◆ EXERCISE BRIEF: Some of the lines below need repeating. Reproduce exactly those between the lines holding "t ≡ length s" and "pub mod Parser", inclusive.

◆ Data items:
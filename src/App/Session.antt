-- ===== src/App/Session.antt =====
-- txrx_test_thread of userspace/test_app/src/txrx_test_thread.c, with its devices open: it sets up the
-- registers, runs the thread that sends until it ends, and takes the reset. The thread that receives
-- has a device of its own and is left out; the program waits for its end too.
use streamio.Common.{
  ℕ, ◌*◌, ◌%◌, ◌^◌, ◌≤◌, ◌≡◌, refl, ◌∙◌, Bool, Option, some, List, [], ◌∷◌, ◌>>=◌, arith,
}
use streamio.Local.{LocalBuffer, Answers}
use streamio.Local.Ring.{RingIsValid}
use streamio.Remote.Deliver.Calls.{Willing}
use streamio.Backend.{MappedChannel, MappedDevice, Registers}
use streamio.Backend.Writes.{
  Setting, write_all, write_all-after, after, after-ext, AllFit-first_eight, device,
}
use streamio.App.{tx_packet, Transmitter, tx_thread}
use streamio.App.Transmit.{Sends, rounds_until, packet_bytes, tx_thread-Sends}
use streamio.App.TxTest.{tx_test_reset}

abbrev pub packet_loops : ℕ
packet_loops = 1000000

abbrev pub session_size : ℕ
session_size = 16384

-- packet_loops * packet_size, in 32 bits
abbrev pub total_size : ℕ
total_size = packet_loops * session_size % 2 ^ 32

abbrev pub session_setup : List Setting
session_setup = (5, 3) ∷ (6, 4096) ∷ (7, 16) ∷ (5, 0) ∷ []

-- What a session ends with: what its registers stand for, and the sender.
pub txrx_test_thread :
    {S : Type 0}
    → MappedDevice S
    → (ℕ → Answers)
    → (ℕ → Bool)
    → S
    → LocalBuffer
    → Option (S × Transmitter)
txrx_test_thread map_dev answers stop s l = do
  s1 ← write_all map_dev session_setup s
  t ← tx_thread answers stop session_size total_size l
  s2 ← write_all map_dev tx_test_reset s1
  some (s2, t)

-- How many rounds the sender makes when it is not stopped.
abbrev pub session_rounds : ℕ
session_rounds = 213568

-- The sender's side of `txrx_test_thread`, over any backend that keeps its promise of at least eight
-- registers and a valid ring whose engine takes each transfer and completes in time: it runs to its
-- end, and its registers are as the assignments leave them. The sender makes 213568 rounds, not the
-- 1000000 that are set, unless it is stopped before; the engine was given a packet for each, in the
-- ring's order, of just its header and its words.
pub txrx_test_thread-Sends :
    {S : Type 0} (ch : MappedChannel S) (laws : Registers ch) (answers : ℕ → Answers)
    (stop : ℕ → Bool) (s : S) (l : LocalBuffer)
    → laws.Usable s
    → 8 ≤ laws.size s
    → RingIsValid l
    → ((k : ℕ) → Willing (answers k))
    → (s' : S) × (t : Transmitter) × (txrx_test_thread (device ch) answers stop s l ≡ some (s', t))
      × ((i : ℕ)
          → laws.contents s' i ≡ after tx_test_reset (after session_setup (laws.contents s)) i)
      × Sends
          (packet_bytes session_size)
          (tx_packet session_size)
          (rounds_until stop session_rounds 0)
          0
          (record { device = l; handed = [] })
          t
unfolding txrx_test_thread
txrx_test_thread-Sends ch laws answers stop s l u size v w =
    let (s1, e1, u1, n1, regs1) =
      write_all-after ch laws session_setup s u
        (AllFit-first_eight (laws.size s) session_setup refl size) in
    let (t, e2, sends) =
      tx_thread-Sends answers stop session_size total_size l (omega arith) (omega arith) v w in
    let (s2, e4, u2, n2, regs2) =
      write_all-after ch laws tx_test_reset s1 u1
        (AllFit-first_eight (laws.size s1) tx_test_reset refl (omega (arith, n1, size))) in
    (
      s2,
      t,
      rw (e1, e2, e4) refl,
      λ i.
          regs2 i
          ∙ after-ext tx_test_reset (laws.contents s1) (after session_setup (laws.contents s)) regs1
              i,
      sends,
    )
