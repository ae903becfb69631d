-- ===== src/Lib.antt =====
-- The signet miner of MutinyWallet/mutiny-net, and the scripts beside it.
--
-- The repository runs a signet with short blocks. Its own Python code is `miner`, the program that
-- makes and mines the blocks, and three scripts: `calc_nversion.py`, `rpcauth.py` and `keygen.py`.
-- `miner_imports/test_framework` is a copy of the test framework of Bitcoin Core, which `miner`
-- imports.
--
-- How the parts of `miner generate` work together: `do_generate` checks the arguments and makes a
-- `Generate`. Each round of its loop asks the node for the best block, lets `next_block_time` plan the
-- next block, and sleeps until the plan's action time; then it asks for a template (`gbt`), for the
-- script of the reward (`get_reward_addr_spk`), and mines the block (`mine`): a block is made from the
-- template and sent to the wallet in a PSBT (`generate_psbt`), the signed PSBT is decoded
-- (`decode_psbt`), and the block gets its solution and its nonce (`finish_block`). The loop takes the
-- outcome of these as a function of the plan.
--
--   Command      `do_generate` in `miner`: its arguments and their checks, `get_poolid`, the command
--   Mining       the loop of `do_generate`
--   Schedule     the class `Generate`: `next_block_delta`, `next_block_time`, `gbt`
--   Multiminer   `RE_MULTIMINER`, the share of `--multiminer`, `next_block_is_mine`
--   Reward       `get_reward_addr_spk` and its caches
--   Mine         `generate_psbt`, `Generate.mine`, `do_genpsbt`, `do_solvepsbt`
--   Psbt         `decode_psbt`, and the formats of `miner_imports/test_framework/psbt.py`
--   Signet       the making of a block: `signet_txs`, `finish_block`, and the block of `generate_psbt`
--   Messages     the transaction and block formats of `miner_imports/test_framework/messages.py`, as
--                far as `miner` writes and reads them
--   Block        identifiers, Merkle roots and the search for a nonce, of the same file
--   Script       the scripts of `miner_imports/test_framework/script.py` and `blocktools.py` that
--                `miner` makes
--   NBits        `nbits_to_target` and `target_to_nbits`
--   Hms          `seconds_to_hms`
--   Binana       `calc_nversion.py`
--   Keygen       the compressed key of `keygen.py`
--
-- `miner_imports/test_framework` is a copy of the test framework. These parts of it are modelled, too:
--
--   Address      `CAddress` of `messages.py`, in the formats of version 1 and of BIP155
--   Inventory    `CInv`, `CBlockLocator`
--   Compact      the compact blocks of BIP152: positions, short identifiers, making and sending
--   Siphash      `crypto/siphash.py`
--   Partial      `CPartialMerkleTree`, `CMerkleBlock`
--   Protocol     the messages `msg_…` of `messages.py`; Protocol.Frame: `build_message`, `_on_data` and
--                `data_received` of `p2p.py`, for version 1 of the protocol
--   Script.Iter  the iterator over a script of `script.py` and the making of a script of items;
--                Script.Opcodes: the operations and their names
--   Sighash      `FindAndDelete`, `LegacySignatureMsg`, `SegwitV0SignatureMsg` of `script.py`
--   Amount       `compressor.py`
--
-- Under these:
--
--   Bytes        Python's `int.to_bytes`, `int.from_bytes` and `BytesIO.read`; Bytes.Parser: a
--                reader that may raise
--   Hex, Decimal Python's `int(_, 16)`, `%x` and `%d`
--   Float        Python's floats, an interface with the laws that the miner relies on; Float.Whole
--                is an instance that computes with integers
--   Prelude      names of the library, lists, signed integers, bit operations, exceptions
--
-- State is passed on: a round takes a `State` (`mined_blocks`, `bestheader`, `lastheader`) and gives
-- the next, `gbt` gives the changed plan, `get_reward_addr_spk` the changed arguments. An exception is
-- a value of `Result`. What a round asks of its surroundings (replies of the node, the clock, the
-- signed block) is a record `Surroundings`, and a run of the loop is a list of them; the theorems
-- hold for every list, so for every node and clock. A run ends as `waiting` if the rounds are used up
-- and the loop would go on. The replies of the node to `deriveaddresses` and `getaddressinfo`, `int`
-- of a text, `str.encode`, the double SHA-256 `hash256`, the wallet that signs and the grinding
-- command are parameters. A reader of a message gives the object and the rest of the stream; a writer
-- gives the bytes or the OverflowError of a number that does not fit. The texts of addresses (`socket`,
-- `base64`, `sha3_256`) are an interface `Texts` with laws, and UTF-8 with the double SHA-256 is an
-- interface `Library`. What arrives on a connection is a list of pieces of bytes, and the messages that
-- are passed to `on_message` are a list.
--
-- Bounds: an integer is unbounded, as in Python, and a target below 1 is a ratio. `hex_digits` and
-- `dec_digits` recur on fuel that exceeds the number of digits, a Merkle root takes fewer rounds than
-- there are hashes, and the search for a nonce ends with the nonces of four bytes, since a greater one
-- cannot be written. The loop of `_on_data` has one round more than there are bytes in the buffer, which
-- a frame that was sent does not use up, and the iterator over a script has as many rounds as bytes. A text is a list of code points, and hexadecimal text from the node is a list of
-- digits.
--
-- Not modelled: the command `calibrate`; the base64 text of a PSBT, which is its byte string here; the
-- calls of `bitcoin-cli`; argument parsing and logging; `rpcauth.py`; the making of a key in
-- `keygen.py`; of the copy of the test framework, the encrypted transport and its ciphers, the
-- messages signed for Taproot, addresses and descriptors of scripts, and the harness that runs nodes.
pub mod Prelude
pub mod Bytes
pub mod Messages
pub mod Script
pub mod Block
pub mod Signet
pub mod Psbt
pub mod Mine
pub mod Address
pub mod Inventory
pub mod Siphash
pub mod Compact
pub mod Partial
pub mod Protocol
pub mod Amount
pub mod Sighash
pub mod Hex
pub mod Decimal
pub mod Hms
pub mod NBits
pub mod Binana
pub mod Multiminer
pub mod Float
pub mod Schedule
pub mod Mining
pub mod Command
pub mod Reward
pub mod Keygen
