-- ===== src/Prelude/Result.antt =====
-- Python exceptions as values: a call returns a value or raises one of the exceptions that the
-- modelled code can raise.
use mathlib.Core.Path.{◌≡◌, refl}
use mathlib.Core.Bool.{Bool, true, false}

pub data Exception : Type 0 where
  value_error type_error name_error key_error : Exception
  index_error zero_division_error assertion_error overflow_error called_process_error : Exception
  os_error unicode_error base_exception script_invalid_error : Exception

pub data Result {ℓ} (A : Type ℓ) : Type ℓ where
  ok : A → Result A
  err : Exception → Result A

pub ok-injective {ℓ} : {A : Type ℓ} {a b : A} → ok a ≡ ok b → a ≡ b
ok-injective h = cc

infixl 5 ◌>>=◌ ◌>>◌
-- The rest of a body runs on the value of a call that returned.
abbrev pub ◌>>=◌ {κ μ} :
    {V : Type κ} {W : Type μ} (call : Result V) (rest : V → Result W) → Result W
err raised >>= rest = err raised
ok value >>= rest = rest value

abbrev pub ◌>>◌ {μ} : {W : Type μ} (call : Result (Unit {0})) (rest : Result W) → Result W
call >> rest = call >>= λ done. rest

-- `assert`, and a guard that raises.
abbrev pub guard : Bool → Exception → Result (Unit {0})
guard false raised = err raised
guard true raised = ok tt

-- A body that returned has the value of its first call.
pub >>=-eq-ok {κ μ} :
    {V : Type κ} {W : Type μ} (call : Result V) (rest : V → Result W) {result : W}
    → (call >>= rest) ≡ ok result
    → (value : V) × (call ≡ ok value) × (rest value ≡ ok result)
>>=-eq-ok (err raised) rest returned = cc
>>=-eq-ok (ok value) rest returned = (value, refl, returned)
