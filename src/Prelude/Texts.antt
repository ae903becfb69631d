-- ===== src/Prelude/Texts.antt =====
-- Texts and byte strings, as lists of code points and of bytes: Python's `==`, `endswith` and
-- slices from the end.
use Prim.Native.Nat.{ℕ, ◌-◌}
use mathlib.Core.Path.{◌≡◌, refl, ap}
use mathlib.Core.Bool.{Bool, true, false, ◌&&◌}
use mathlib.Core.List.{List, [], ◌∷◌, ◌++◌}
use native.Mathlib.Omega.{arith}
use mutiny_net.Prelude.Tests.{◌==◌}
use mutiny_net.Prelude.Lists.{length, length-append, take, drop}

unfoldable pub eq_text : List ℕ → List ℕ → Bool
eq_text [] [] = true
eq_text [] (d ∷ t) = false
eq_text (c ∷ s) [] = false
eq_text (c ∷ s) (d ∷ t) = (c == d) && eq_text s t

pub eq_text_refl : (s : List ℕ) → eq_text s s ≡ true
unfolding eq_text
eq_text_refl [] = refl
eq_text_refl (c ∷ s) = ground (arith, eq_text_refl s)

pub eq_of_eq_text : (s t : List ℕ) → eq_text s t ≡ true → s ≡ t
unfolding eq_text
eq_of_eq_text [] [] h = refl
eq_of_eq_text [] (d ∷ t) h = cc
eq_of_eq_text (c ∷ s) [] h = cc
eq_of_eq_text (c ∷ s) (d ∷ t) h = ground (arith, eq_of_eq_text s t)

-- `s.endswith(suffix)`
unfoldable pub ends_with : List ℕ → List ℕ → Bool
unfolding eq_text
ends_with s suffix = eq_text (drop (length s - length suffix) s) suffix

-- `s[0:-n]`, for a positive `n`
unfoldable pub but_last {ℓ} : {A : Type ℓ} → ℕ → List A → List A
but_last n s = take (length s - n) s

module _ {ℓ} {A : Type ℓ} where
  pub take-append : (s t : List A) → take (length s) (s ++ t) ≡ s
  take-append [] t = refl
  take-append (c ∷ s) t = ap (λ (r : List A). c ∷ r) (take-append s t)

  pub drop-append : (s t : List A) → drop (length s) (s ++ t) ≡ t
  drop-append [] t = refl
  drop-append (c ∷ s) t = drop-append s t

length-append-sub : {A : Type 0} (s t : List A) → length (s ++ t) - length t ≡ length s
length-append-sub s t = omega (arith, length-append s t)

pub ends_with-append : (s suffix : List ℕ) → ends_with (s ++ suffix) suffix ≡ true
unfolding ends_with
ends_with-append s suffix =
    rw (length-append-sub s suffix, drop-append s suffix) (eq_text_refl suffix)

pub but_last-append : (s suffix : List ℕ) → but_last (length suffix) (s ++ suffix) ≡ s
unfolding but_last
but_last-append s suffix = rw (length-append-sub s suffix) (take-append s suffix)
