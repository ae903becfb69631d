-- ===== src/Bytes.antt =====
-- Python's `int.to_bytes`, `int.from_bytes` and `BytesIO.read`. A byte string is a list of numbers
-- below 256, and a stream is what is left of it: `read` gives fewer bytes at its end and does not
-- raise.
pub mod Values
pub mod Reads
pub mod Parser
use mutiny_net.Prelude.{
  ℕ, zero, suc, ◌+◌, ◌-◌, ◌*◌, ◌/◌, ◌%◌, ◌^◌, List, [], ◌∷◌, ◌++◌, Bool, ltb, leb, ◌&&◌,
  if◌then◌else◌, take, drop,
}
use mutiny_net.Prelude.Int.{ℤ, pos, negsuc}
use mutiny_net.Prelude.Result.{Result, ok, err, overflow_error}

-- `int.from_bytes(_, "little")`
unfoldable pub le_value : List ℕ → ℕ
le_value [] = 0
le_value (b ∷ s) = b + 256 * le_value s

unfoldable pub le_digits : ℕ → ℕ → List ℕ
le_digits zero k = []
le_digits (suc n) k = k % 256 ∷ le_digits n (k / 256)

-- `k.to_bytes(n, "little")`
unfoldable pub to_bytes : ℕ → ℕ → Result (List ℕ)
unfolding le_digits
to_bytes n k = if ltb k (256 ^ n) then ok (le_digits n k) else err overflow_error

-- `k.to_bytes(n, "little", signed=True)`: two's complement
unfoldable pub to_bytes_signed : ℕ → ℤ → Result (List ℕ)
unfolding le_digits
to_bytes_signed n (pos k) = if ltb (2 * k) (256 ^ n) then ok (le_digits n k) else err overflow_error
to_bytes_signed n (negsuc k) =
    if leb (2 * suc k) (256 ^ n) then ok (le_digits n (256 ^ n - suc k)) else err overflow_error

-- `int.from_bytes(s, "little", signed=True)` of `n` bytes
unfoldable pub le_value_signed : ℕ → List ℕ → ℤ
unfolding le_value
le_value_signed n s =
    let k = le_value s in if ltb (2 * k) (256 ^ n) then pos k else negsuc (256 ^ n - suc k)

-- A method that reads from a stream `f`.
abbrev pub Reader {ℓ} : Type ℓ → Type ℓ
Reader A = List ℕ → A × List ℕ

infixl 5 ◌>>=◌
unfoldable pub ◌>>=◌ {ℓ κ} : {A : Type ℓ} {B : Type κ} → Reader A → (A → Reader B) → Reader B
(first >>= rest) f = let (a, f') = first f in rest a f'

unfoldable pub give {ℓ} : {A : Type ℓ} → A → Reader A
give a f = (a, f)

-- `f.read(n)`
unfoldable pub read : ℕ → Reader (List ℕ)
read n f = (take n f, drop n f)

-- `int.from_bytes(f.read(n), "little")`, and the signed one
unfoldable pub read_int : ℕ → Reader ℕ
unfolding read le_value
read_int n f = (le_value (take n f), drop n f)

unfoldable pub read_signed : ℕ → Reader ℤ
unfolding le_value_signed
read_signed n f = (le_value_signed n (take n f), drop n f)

◆ RESPONSE:
length-append-sub : {A : Type 0} (s t : List A) → length (s ++ t) - length t ≡ length s
length-append-sub s t = omega (arith, length-append s t)

pub ends_with-append : (s suffix : List ℕ) → ends_with (s ++ suffix) suffix ≡ true
unfolding ends_with
ends_with-append s suffix =
    rw (length-append-sub s suffix, drop-append s suffix) (eq_text_refl suffix)

pub but_last-append : (s suffix : List ℕ) → but_last (length suffix) (s ++ suffix) ≡ s
unfolding but_last
but_last-append s suffix = rw (length-append-sub s suffix) (take-append s suffix)
repository ae903becfb69631d
-- ===== src/Bytes.antt =====
-- Python's `int.to_bytes`, `int.from_bytes` and `BytesIO.read`. A byte string is a list of numbers
-- below 256, and a stream is what is left of it: `read` gives fewer bytes at its end and does not
-- raise.
pub mod Values
pub mod Reads
pub mod Parser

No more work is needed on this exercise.